### RECORD SET ###

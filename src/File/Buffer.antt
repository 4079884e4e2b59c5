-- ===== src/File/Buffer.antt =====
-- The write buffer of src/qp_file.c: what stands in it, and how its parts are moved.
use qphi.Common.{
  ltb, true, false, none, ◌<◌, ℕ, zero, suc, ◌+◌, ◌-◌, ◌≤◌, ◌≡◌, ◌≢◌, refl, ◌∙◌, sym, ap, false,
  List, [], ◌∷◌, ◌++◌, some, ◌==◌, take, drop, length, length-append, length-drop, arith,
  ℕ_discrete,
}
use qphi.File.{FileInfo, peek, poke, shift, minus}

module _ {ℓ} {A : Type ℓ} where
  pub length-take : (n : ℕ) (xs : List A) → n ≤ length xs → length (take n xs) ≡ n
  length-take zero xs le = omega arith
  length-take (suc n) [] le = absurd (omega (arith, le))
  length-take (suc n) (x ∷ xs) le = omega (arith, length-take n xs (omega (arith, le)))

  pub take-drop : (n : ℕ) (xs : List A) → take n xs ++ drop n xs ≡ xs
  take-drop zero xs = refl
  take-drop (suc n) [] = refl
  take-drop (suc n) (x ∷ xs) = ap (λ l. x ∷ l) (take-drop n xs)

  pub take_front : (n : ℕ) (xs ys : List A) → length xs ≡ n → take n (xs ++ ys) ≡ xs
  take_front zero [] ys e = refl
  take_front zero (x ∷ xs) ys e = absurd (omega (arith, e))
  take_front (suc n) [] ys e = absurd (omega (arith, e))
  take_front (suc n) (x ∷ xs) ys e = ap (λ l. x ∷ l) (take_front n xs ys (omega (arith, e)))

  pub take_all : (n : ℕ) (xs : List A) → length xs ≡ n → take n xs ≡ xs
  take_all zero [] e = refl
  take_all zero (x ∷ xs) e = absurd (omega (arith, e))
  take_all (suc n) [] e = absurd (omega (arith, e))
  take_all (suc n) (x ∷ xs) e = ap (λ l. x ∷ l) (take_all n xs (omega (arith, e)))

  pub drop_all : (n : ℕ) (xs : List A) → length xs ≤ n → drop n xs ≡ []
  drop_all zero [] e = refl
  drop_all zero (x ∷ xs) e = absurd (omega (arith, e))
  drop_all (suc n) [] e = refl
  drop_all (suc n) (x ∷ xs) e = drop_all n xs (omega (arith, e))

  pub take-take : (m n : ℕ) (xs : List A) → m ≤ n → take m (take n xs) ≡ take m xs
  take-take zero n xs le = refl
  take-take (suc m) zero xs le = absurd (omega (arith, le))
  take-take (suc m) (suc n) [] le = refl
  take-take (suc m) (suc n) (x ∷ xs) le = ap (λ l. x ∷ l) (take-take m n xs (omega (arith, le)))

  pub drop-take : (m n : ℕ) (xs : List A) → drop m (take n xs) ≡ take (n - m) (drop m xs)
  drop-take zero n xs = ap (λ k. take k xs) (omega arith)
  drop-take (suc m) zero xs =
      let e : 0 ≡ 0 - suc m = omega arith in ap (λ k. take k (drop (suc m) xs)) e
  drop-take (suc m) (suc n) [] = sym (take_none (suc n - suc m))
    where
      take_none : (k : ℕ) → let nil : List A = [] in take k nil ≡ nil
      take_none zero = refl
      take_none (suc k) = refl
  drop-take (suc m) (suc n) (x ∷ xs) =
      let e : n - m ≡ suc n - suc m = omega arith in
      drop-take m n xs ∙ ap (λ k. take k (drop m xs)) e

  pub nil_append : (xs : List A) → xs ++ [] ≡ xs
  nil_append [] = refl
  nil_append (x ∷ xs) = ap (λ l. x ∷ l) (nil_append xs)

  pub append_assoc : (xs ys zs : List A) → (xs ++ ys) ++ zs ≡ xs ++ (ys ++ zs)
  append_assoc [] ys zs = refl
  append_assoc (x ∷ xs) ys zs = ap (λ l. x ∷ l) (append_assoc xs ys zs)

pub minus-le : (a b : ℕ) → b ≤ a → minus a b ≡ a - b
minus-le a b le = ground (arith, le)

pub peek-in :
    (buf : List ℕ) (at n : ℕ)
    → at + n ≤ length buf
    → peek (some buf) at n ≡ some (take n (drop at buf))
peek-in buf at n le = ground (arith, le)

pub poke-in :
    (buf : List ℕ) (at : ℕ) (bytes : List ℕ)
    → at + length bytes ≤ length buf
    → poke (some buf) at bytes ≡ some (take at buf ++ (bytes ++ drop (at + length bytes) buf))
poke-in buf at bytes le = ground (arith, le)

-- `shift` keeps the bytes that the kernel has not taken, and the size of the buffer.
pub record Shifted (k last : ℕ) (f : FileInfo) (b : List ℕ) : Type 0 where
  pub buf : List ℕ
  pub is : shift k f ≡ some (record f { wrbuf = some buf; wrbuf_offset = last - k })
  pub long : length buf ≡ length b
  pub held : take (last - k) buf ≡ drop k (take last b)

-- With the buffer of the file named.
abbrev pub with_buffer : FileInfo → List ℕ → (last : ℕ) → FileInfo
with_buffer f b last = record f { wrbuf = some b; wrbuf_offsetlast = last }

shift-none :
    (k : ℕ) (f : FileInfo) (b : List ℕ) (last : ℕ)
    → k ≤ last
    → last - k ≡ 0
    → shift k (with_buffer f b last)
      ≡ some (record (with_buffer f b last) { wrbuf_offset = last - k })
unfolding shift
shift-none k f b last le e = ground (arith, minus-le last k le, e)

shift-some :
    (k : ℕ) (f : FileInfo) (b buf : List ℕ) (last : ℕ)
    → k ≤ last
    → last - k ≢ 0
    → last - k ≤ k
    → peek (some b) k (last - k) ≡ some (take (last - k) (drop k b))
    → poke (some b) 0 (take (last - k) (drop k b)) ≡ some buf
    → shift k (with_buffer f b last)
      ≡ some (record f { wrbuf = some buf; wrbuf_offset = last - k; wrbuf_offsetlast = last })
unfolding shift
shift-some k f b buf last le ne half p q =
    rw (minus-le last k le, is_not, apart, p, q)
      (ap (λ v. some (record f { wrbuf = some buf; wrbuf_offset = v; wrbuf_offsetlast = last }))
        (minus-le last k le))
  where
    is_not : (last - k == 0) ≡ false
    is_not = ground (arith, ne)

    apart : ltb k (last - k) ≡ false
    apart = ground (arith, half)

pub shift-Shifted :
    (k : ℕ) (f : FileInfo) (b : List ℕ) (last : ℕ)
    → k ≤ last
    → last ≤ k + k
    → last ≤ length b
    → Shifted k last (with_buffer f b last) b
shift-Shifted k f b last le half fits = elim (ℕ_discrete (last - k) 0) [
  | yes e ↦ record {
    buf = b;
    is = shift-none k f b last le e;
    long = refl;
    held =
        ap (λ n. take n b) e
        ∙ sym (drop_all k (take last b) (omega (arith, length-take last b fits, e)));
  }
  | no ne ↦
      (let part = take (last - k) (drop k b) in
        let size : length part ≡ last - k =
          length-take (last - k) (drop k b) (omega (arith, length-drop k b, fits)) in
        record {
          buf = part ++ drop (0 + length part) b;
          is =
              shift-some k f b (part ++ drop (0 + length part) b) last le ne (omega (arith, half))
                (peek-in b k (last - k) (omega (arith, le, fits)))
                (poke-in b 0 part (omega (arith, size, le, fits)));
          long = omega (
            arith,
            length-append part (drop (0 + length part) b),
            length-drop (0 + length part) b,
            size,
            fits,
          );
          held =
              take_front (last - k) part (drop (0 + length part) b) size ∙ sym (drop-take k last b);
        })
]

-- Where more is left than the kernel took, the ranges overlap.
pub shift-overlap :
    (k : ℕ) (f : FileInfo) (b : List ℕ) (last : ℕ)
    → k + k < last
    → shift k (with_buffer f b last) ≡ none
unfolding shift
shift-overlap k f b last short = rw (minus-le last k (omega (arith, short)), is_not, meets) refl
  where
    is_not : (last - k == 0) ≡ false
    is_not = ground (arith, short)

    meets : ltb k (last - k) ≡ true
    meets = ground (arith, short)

###

:: EXERCISE INSTRUCTIONS ::
Would you print exactly and only the lines of the material above that run from the line with "drop-take (suc m) (suc n) (x" through the line with "bytes ≤ length buf", both included?

:: RESPONSE TO THIS EXERCISE ::
  drop-take (suc m) (suc n) (x ∷ xs) =
      let e : n - m ≡ suc n - suc m = omega arith in
      drop-take m n xs ∙ ap (λ k. take k (drop m xs)) e

  pub nil_append : (xs : List A) → xs ++ [] ≡ xs
  nil_append [] = refl
  nil_append (x ∷ xs) = ap (λ l. x ∷ l) (nil_append xs)

  pub append_assoc : (xs ys zs : List A) → (xs ++ ys) ++ zs ≡ xs ++ (ys ++ zs)
  append_assoc [] ys zs = refl
  append_assoc (x ∷ xs) ys zs = ap (λ l. x ∷ l) (append_assoc xs ys zs)

pub minus-le : (a b : ℕ) → b ≤ a → minus a b ≡ a - b
minus-le a b le = ground (arith, le)

pub peek-in :
    (buf : List ℕ) (at n : ℕ)
    → at + n ≤ length buf
    → peek (some buf) at n ≡ some (take n (drop at buf))
peek-in buf at n le = ground (arith, le)

pub poke-in :
    (buf : List ℕ) (at : ℕ) (bytes : List ℕ)
    → at + length bytes ≤ length buf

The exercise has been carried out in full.